### MATERIAL FOR THIS EXERCISE
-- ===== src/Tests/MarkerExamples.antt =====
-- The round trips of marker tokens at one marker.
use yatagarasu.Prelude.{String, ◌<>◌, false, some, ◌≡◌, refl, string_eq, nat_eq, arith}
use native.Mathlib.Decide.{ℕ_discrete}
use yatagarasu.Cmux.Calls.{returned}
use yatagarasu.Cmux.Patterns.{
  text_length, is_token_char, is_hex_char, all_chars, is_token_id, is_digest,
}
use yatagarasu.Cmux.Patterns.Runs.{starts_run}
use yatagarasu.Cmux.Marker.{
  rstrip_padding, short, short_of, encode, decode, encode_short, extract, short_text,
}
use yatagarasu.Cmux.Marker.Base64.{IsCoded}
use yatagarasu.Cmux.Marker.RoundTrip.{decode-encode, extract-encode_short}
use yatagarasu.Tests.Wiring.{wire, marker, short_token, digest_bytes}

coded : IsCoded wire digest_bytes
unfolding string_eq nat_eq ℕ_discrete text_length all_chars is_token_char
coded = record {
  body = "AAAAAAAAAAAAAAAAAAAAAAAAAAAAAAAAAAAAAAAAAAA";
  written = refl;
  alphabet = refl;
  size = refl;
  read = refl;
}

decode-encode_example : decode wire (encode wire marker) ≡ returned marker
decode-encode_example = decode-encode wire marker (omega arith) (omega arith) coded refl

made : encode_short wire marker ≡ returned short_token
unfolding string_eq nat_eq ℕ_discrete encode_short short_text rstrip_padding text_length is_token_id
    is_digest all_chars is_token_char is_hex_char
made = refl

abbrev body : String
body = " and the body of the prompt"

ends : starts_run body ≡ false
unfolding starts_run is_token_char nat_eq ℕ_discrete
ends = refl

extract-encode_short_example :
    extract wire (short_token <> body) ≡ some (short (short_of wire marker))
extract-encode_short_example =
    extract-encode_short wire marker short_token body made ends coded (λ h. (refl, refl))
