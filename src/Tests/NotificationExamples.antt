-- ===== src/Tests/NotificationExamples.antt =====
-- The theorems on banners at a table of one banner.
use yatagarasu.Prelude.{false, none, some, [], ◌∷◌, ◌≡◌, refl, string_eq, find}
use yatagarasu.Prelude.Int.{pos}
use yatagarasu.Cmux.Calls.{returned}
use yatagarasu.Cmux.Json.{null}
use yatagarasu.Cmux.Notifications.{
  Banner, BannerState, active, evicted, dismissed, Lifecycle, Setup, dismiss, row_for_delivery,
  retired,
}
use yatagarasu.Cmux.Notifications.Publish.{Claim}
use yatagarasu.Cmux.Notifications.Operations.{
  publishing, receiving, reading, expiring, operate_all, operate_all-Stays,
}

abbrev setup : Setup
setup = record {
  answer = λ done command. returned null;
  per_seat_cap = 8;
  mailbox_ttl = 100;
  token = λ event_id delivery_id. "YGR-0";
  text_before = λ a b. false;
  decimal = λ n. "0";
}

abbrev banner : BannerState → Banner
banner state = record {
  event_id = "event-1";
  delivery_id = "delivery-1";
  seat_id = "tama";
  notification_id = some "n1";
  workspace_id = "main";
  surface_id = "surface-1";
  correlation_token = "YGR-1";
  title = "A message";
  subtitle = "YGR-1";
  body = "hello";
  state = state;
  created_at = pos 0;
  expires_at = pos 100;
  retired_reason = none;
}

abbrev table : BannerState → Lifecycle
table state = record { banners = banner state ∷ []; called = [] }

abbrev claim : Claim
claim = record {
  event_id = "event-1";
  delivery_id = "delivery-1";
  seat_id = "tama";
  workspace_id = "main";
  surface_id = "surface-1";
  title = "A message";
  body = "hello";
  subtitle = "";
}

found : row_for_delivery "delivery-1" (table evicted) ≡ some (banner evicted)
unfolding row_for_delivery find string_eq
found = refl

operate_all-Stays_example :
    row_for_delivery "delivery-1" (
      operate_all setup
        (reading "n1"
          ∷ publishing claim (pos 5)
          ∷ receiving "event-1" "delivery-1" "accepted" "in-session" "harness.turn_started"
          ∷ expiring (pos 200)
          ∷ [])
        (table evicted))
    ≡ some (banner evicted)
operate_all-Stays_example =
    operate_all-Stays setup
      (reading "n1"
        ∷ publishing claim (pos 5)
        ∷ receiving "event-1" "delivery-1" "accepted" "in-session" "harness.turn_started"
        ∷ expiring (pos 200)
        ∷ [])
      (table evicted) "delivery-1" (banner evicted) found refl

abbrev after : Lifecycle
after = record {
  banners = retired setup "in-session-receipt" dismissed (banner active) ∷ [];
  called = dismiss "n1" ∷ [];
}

### TASK DETAILS
Supply the entire listing above again, word for word.

### ANSWER FOR THIS EXERCISE
-- ===== src/Tests/MarkerExamples.antt =====
-- The round trips of marker tokens at one marker.
use yatagarasu.Prelude.{String, ◌<>◌, false, some, ◌≡◌, refl, string_eq, nat_eq, arith}
use native.Mathlib.Decide.{ℕ_discrete}
use yatagarasu.Cmux.Calls.{returned}
use yatagarasu.Cmux.Patterns.{
  text_length, is_token_char, is_hex_char, all_chars, is_token_id, is_digest,
}
use yatagarasu.Cmux.Patterns.Runs.{starts_run}
use yatagarasu.Cmux.Marker.{
  rstrip_padding, short, short_of, encode, decode, encode_short, extract, short_text,
}
use yatagarasu.Cmux.Marker.Base64.{IsCoded}
use yatagarasu.Cmux.Marker.RoundTrip.{decode-encode, extract-encode_short}
use yatagarasu.Tests.Wiring.{wire, marker, short_token, digest_bytes}

coded : IsCoded wire digest_bytes
unfolding string_eq nat_eq ℕ_discrete text_length all_chars is_token_char
coded = record {
  body = "AAAAAAAAAAAAAAAAAAAAAAAAAAAAAAAAAAAAAAAAAAA";
  written = refl;
  alphabet = refl;
  size = refl;
  read = refl;
}

decode-encode_example : decode wire (encode wire marker) ≡ returned marker
decode-encode_example = decode-encode wire marker (omega arith) (omega arith) coded refl

made : encode_short wire marker ≡ returned short_token
unfolding string_eq nat_eq ℕ_discrete encode_short short_text rstrip_padding text_length is_token_id
    is_digest all_chars is_token_char is_hex_char
made = refl

abbrev body : String
body = " and the body of the prompt"

ends : starts_run body ≡ false
unfolding starts_run is_token_char nat_eq ℕ_discrete
ends = refl

extract-encode_short_example :
    extract wire (short_token <> body) ≡ some (short (short_of wire marker))
extract-encode_short_example =
    extract-encode_short wire marker short_token body made ends coded (λ h. (refl, refl))
filename src/Tests/NotificationExamples.antt
-- ===== src/Tests/NotificationExamples.antt =====
-- The theorems on banners at a table of one banner.
use yatagarasu.Prelude.{false, none, some, [], ◌∷◌, ◌≡◌, refl, string_eq, find}
use yatagarasu.Prelude.Int.{pos}
use yatagarasu.Cmux.Calls.{returned}
use yatagarasu.Cmux.Json.{null}
use yatagarasu.Cmux.Notifications.{
  Banner, BannerState, active, evicted, dismissed, Lifecycle, Setup, dismiss, row_for_delivery,
  retired,
}
use yatagarasu.Cmux.Notifications.Publish.{Claim}
use yatagarasu.Cmux.Notifications.Operations.{
  publishing, receiving, reading, expiring, operate_all, operate_all-Stays,
}

abbrev setup : Setup
setup = record {
  answer = λ done command. returned null;
  per_seat_cap = 8;
  mailbox_ttl = 100;
  token = λ event_id delivery_id. "YGR-0";
  text_before = λ a b. false;
  decimal = λ n. "0";
}

abbrev banner : BannerState → Banner
banner state = record {
  event_id = "event-1";
  delivery_id = "delivery-1";
  seat_id = "tama";
  notification_id = some "n1";
  workspace_id = "main";
  surface_id = "surface-1";
  correlation_token = "YGR-1";
  title = "A message";
  subtitle = "YGR-1";
  body = "hello";
  state = state;
  created_at = pos 0;
  expires_at = pos 100;
  retired_reason = none;
}

abbrev table : BannerState → Lifecycle
table state = record { banners = banner state ∷ []; called = [] }

abbrev claim : Claim
claim = record {
  event_id = "event-1";
  delivery_id = "delivery-1";
  seat_id = "tama";
  workspace_id = "main";
  surface_id = "surface-1";
  title = "A message";
  body = "hello";
  subtitle = "";
}

found : row_for_delivery "delivery-1" (table evicted) ≡ some (banner evicted)
unfolding row_for_delivery find string_eq
found = refl

operate_all-Stays_example :
    row_for_delivery "delivery-1" (
      operate_all setup
        (reading "n1"
          ∷ publishing claim (pos 5)
          ∷ receiving "event-1" "delivery-1" "accepted" "in-session" "harness.turn_started"
          ∷ expiring (pos 200)
          ∷ [])
        (table evicted))
    ≡ some (banner evicted)
operate_all-Stays_example =
    operate_all-Stays setup
      (reading "n1"
        ∷ publishing claim (pos 5)
        ∷ receiving "event-1" "delivery-1" "accepted" "in-session" "harness.turn_started"
        ∷ expiring (pos 200)
        ∷ [])
      (table evicted) "delivery-1" (banner evicted) found refl

abbrev after : Lifecycle
after = record {
  banners = retired setup "in-session-receipt" dismissed (banner active) ∷ [];
  called = dismiss "n1" ∷ [];
}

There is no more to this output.